Testhalber habe ich auf meinem Rechner Privoxy installiert und eine local-firewall.
Die Firewall lässt nur Privoxy ins Web und sonst keine andere Anwendung.
Das Ganze funktioniert auch, Firefox, Sametime etc kommen problemlos damit zurecht.
Nur mein Web-client will auf Teufel komm raus nicht den Proxy nutzen  :cry:  :bahnhof: 

In der Konsole bekomme ich folgendes:


> AxisFault
> faultCode: {http://schemas.xmlsoap.org/soap/envelope/}Server.userException
> faultSubcode:
> faultString: java.net.ConnectException: /192.168.2.15:80 - Connection refused
> ...


Anmerkung: Ohne Proxy-Einstellung funktioniert der Call, tollerweise MUSS ich aber einen Proxy nutzen, da es wohl auch Anwender geben wird, die Proxies nutzen..

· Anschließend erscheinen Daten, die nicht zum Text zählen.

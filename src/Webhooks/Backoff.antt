-- ===== src/Webhooks/Backoff.antt =====
-- `defaultBackoff` of internal/webhooks/recorder.go is exact as long as an int64 can hold it.
use native.Mathlib.Nat.{pow-suc, one-le-pow, pow-le-pow_right, le_trans}
use agent_layer.Prelude.{
  ℕ, zero, suc, ltb, true, false, ◌+◌, ◌-◌, ◌*◌, ◌^◌, ◌≤◌, ◌≡◌, ◌∙◌, refl, ap, arith,
}
use agent_layer.Prelude.Int.{ℤ, pos, negsuc, pos_part, ◌+ℤ◌, ◌≤ℤ◌, wrap64-pos, max_int64}
use agent_layer.Webhooks.Attempts.{doubled, minute, default_backoff}

double : (d : ℕ) → pos d +ℤ pos d ≡ pos (d + d)
unfolding ◌+ℤ◌
double d = ground arith

le_times_pow : (n k : ℕ) → n ≤ n * 2 ^ k
le_times_pow n k = let one : 1 ≤ 2 ^ k = one-le-pow k 2 (omega arith) in grind arith

-- Doubling `k` times, while the result fits an int64.
doubled-pos : (k d : ℕ) → d * 2 ^ k ≤ max_int64 → doubled k (pos d) ≡ pos (d * 2 ^ k)
unfolding doubled
doubled-pos zero d h = ap pos (omega arith)
doubled-pos (suc k) d h =
    let eq : (d + d) * 2 ^ k ≡ d * 2 ^ suc k = grind (arith, pow-suc 2 k) in
    let fits : (d + d) * 2 ^ k ≤ max_int64 = rw eq h in
    let small : d + d ≤ max_int64 = le_trans (le_times_pow (d + d) k) fits in
    rw (double d, wrap64-pos (d + d) small) (doubled-pos k (d + d) fits ∙ ap pos eq)

at_least_one : (n : ℕ) → ltb (suc n + 0) 1 ≡ false
at_least_one n = ground arith

below_one : (n : ℕ) → ltb 0 (1 + suc n) ≡ true
below_one n = ground arith

pred_suc : (n : ℕ) → suc n - 1 ≡ n
pred_suc n = omega arith

backoff-pos : (n : ℕ) → n ≤ 28 → default_backoff (pos n) ≡ pos (minute * 2 ^ (n - 1))
unfolding default_backoff
backoff-pos zero h = unfold doubled in refl
backoff-pos (suc n) h =
    let small : 2 ^ n ≤ 2 ^ 27 =
      pow-le-pow_right {n = 2} (omega arith) {i = n} {j = 27} (omega arith) in
    let bound : minute * 2 ^ n ≤ max_int64 = omega (arith, small) in
    rw (at_least_one n, pred_suc n) (doubled-pos n minute bound)

-- Up to attempt 28 the delay is a minute, doubled for each attempt after the first; an attempt
-- number below one counts as one. (From attempt 29 on the product passes an int64.)
pub default_backoff_lem :
    (attempt : ℤ)
    → attempt ≤ℤ pos 28
    → default_backoff attempt ≡ pos (minute * 2 ^ (pos_part attempt - 1))
default_backoff_lem (pos n) h = backoff-pos n (omega (arith, h))
default_backoff_lem (negsuc n) h = unfold default_backoff doubled in rw (below_one n) refl
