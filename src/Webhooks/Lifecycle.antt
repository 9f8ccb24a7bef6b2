-- ===== src/Webhooks/Lifecycle.antt =====
-- The attempts of a webhook delivery, one after the other: internal/webhooks/recorder.go.
use agent_layer.Prelude.{
  ℕ, suc, ◌+◌, ◌-◌, ◌*◌, ◌^◌, ◌≤◌, ◌<◌, true, false, List, [], ◌∷◌, ◌++◌, length, leb,
  if◌then◌else◌, ◌≡◌, ◌∙◌, inl, inr, Bool-cases, refl, ap, arith,
}
use mathlib.Core.Path.{subst}
use agent_layer.Prelude.Int.{pos, ◌+ℤ◌, wrap64, wrap64-pos, max_int64}
use agent_layer.Domain.{Time, WebhookDelivery, zero_time}
use agent_layer.Core.{WebhookDispatchResult}
use agent_layer.Webhooks.Attempts.{
  delivery_status_retrying, delivery_status_dead_letter, minute, is_success, attempted,
}
use agent_layer.Webhooks.Backoff.{default_backoff_lem}

-- The delivery after a number of answered attempts.
abbrev pub after_attempts : WebhookDelivery → List WebhookDispatchResult → WebhookDelivery
after_attempts delivery [] = delivery
after_attempts delivery (response ∷ rest) = after_attempts (attempted delivery response) rest

-- Every answer is a failure.
abbrev pub AllFail : List WebhookDispatchResult → Type 0
AllFail [] = Unit
AllFail (response ∷ rest) = (is_success response.status_code ≡ false) × AllFail rest

-- Where a delivery stands whose `n` attempts have failed, the last at `at`.
pub record HasFailed (n : ℕ) (at : Time) (d : WebhookDelivery) : Type 0 where
  pub count : d.attempt_count ≡ pos n
  pub status :
      d.status ≡ (if leb n 3 then delivery_status_retrying else delivery_status_dead_letter)
  pub next : d.next_attempt_at ≡ (if leb n 3 then at +ℤ pos (minute * 2 ^ (n - 1)) else zero_time)
  pub last : d.last_attempt_at ≡ at

plus_one : (n : ℕ) → pos n +ℤ pos 1 ≡ pos (suc n)
unfolding ◌+ℤ◌
plus_one n = ground arith

succ_ℤ : (n : ℕ) → n < max_int64 → wrap64 (pos n +ℤ pos 1) ≡ pos (suc n)
succ_ℤ n h = ap wrap64 (plus_one n) ∙ wrap64-pos (suc n) (omega (arith, h))

at_most_three : (n : ℕ) → leb (suc n + 0) 3 ≡ leb (suc n) 3
at_most_three n = ap (λ k. leb k 3) (omega arith)

leb_le : (n : ℕ) → leb (suc n) 3 ≡ true → suc n ≤ 28
leb_le n h = ground arith

attempted-HasFailed :
    (d : WebhookDelivery) (r : WebhookDispatchResult) (n : ℕ)
    → d.attempt_count ≡ pos n
    → n < max_int64
    → is_success r.status_code ≡ false
    → HasFailed (suc n) r.delivered_at (attempted d r)
unfolding attempted
attempted-HasFailed d r n c h f =
    let eq : wrap64 (d.attempt_count +ℤ pos 1) ≡ pos (suc n) = rw c (succ_ℤ n h) in
    elim (Bool-cases (leb (suc n) 3)) [
      | inl e ↦
          rw (f, eq, at_most_three n, e)
            (record {
              count = refl;
              status = rw e refl;
              next = rw e (
                  ap (λ z. r.delivered_at +ℤ z)
                    (default_backoff_lem (pos (suc n)) (omega (arith, leb_le n e))));
              last = refl;
            })
      | inr e ↦
          rw (f, eq, at_most_three n, e)
            (record { count = refl; status = rw e refl; next = rw e refl; last = refl })
    ]

HasFailed-eq :
    {n m : ℕ} {at : Time} {d : WebhookDelivery} → n ≡ m → HasFailed n at d → HasFailed m at d
HasFailed-eq {at = at} {d = d} e h = subst (λ k. HasFailed k at d) e h

-- A delivery with the count `n`, whose further answered attempts all fail, has a count of `n` and
-- their number. If that is at most three, it waits for a retry, which is due a minute (two, four
-- minutes) after the last answer; otherwise it is a dead letter. (The count stays below the largest
-- int64.)
pub after_failures :
    (d : WebhookDelivery) (l : List WebhookDispatchResult) (r : WebhookDispatchResult) (n : ℕ)
    → d.attempt_count ≡ pos n
    → AllFail (l ++ r ∷ [])
    → n + length l < max_int64
    → HasFailed (n + suc (length l)) r.delivered_at (after_attempts d (l ++ r ∷ []))
after_failures d [] r n c (f, _) h =
    HasFailed-eq (omega arith) (attempted-HasFailed d r n c (omega (arith, h)) f)
after_failures d (x ∷ l) r n c (f, g) h =
    let here = attempted-HasFailed d x n c (omega (arith, h)) f in
    HasFailed-eq (omega arith)
      (after_failures (attempted d x) l r (suc n) here.count g (omega (arith, h)))
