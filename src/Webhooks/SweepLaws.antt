-- ===== src/Webhooks/SweepLaws.antt =====
-- What `RetryDueDeliveries` of internal/webhooks/retry_sweep_service.go counts.
use agent_layer.Prelude.{
  ℕ, suc, String, Bool, not, ◌&&◌, ◌==◌, ◌+◌, false, List, [], ◌∷◌, ◌++◌, length, ◌≡◌, refl, arith,
  inl, inr, Bool-cases, ◌∙◌, ap, sym, if◌then◌else◌,
}
use agent_layer.Prelude.Int.{pos, eqb_ℤ, leb_ℤ}
use agent_layer.Prelude.Exec.{Exec, Result, ok, err}
use agent_layer.Domain.{Time, WebhookDelivery}
use agent_layer.Webhooks.Delivery.{DeliveryResult}
use agent_layer.Webhooks.Sweep.{RetrySweepResult, is_retry_due, skip, tally, sweep}

-- A delivery is due at a time: it waits for a retry whose time is set and has come.
abbrev pub is_due : WebhookDelivery → Time → Bool
is_due delivery at =
    delivery.status == "retrying"
    && not (eqb_ℤ delivery.next_attempt_at (pos 0))
    && leb_ℤ delivery.next_attempt_at at

is_retry_due_lem : (d : WebhookDelivery) (at : Time) → is_retry_due d at ≡ is_due d at
unfolding is_retry_due
is_retry_due_lem d at = ground arith

-- The deliveries that are due at a time.
abbrev pub due : Time → List WebhookDelivery → List WebhookDelivery
due at [] = []
due at (delivery ∷ rest) =
    let later = due at rest in if is_due delivery at then delivery ∷ later else later

-- What replaying deliveries one after the other gives, and the state that it leaves.
abbrev pub replays :
    {S : Type 0}
    → (String → Exec S DeliveryResult)
    → List WebhookDelivery
    → S
    → List (Result DeliveryResult) × S
replays replay [] s = ([], s)
replays replay (delivery ∷ rest) s =
    let (results, s') = replays replay rest (replay delivery.id s).1 in
    ((replay delivery.id s).0 ∷ results, s')

-- The deliveries of the replays that returned, and the number of the others.
abbrev pub delivered : List (Result DeliveryResult) → List WebhookDelivery
delivered [] = []
delivered (ok replayed ∷ rest) = replayed.delivery ∷ delivered rest
delivered (err e ∷ rest) = delivered rest

abbrev pub failures : List (Result DeliveryResult) → ℕ
failures [] = 0
failures (ok replayed ∷ rest) = failures rest
failures (err e ∷ rest) = suc (failures rest)

-- What a sweep adds to a result: `n` deliveries were looked at, and the due ones were replayed.
pub record Accounts (n : ℕ) (results : List (Result DeliveryResult)) (r r' : RetrySweepResult)
    : Type 0 where
  pub attempted : r'.attempted ≡ r.attempted + length results
  pub succeeded : r'.succeeded ≡ r.succeeded + length (delivered results)
  pub failed : r'.failed ≡ r.failed + failures results
  pub skipped : r'.skipped + length results ≡ r.skipped + n
  pub returned : r'.deliveries ≡ r.deliveries ++ delivered results

skip-Accounts :
    (n : ℕ) (results : List (Result DeliveryResult)) (r r' : RetrySweepResult)
    → Accounts n results (skip r) r'
    → Accounts (suc n) results r r'
skip-Accounts n results r r' a = record {
  attempted = a.attempted;
  succeeded = a.succeeded;
  failed = a.failed;
  skipped = omega (arith, a.skipped);
  returned = a.returned;
}

append_assoc : {A : Type 0} (k l m : List A) → (k ++ l) ++ m ≡ k ++ (l ++ m)
append_assoc [] l m = refl
append_assoc (x ∷ k) l m = ap (λ t. x ∷ t) (append_assoc k l m)

append_nil : {A : Type 0} (l : List A) → l ≡ l ++ []
append_nil [] = refl
append_nil (a ∷ l) = ap (λ t. a ∷ t) (append_nil l)

tally-Accounts :
    (o : Result DeliveryResult) (n : ℕ) (results : List (Result DeliveryResult))
    (r r' : RetrySweepResult)
    → Accounts n results (tally o r) r'
    → Accounts (suc n) (o ∷ results) r r'
tally-Accounts (err e) n results r r' a = record {
  attempted = omega (arith, a.attempted);
  succeeded = a.succeeded;
  failed = omega (arith, a.failed);
  skipped = omega (arith, a.skipped);
  returned = a.returned;
}
tally-Accounts (ok d) n results r r' a = record {
  attempted = omega (arith, a.attempted);
  succeeded = omega (arith, a.succeeded);
  failed = a.failed;
  skipped = omega (arith, a.skipped);
  returned = a.returned ∙ append_assoc r.deliveries (d.delivery ∷ []) (delivered results);
}

due_none :
    (at : Time) (d : WebhookDelivery) (l : List WebhookDelivery)
    → due at (d ∷ l) ≡ []
    → (is_due d at ≡ false) × (due at l ≡ [])
due_none at d l h = elim (Bool-cases (is_due d at)) [
  | inl e ↦ let k : d ∷ due at l ≡ [] = rw e at h in absurd (cc)
  | inr e ↦ (e, rw e at h)
]

module _ {S : Type 0} (replay : String → Exec S DeliveryResult) (at : Time) where
  -- Sweeping deliveries replays those that are due, each once and in their order, and nothing else: a
  -- delivery is due if it waits for a retry whose time is set and has come. Each replay counts as
  -- attempted; one that returned counts as succeeded and its delivery is returned, in the same order;
  -- one that failed counts as failed and ends nothing; every other delivery counts as skipped.
  pub sweep-Accounts :
      (l : List WebhookDelivery) (r : RetrySweepResult) (s : S)
      → Accounts (length l) (replays replay (due at l) s).0 r (sweep replay at l r s).0
        × ((sweep replay at l r s).1 ≡ (replays replay (due at l) s).1)
  unfolding sweep
  sweep-Accounts [] r s = (
    record {
      attempted = omega arith;
      succeeded = omega arith;
      failed = omega arith;
      skipped = omega arith;
      returned = append_nil r.deliveries;
    },
    refl,
  )
  sweep-Accounts (d ∷ l) r s = elim (Bool-cases (is_retry_due d at)) [
    | inl e ↦
        let (a, same) = sweep-Accounts l (tally (replay d.id s).0 r) (replay d.id s).1 in
        rw (sweep, e, sym (is_retry_due_lem d at) ∙ e)
          (tally-Accounts (replay d.id s).0 (length l) _ r _ a, same)
    | inr e ↦
        let (a, same) = sweep-Accounts l (skip r) s in
        rw (sweep, e, sym (is_retry_due_lem d at) ∙ e) (skip-Accounts (length l) _ r _ a, same)
  ]

  -- A sweep that finds nothing due replays nothing: the state is as before.
  pub sweep_idle :
      (l : List WebhookDelivery) (r : RetrySweepResult) (s : S)
      → due at l ≡ []
      → (sweep replay at l r s).1 ≡ s
  unfolding sweep
  sweep_idle [] r s h = refl
  sweep_idle (d ∷ l) r s h =
      let (none_due, later) = due_none at d l h in
      rw (sweep, is_retry_due_lem d at ∙ none_due) (sweep_idle l (skip r) s later)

Weiß jemand, wie ich *irgendwie* auf einen Webservice via Proxy zugreifen kann ?
Wenn es mit Axis nicht geht vielleicht mit Axis2 ? Oder was anderem ?

Wäre superklasse, wenn mir jemand weiterhelfen könnte  

Beste Grüße,

ich_wills_wissen


----------



## Klaus Halfmann (12. Mrz 2007)

Die Seite:
http://ws.apache.org/axis/java/client-side-axis.html

sagt nichts über 
   "proxSet" etc.

Die Parameter 
   "http.proxyHost" etc. kann bei Java als System Properties

(also java -Dhttp.proxyHost=.. -Dhttp.proxyPort) mitgeben,
allerding sind sie dann global  :? Nicht immer das was man
will.
   Ich suche selber noch weiter ..


----------



## BanditsReno (23. Mai 2007)

Diese Sache sollte so funktionieren:

import org.apache.axis2.transport.http.HttpTransportProperties.ProxyProperties;

.
..
...

ProxyProperties proxyProperties = new ProxyProperties();
proxyProperties.setProxyName(PROXYIP);
proxyProperties.setProxyPort(PROXYPORT);
options.setProperty(org.apache.axis2.transport.http.HTTPConstants.HTTP_PROTOCOL_VERSION, org.apache.axis2.transport.http.HTTPConstants.HEADER_PROTOCOL_10);
options.setProperty(org.apache.axis2.transport.http.HTTPConstants.PROXY, proxyProperties);

...
..
.

Das Problem ist, dass du das HTTP Protokoll auf Version 1.0 setzen musst, sobald ein Proxy eingesetzt wird.

MfG


----------



## Oliver Braun (5. Nov 2007)

Hallo BanditsReno,

was ich an der ganze Sache aber nicht verstehe ist, dass wenn ich über "https" (und  Proxy) zugreife - ich das HTTP Protokoll nicht auf Version 1.0 setzen muss ???

options.setProperty(org.apache.axis2.transport.http.HTTPConstants.HTTP_PROTOCOL_VERSION, org.apache.axis2.transport.http.HTTPConstants.HEADER_PROTOCOL_10); 

Kannst Du es mir vielleicht erklären?

Vielen Dank
Oli


----------



## Alexis (27. Jan 2008)

Hi,

so wie's in den Axis2 quellen aussieht wird am Ende die Konfiguration immer von einer eventuell vorhandenen JVM http proxy Einstellung überschrieben. Einstellen in Axis2.xml oder per ProxyProperties funktioniert nur wenn kein JVM proxy eingestellt ist.

Schönen Gruss,

Alexis


----------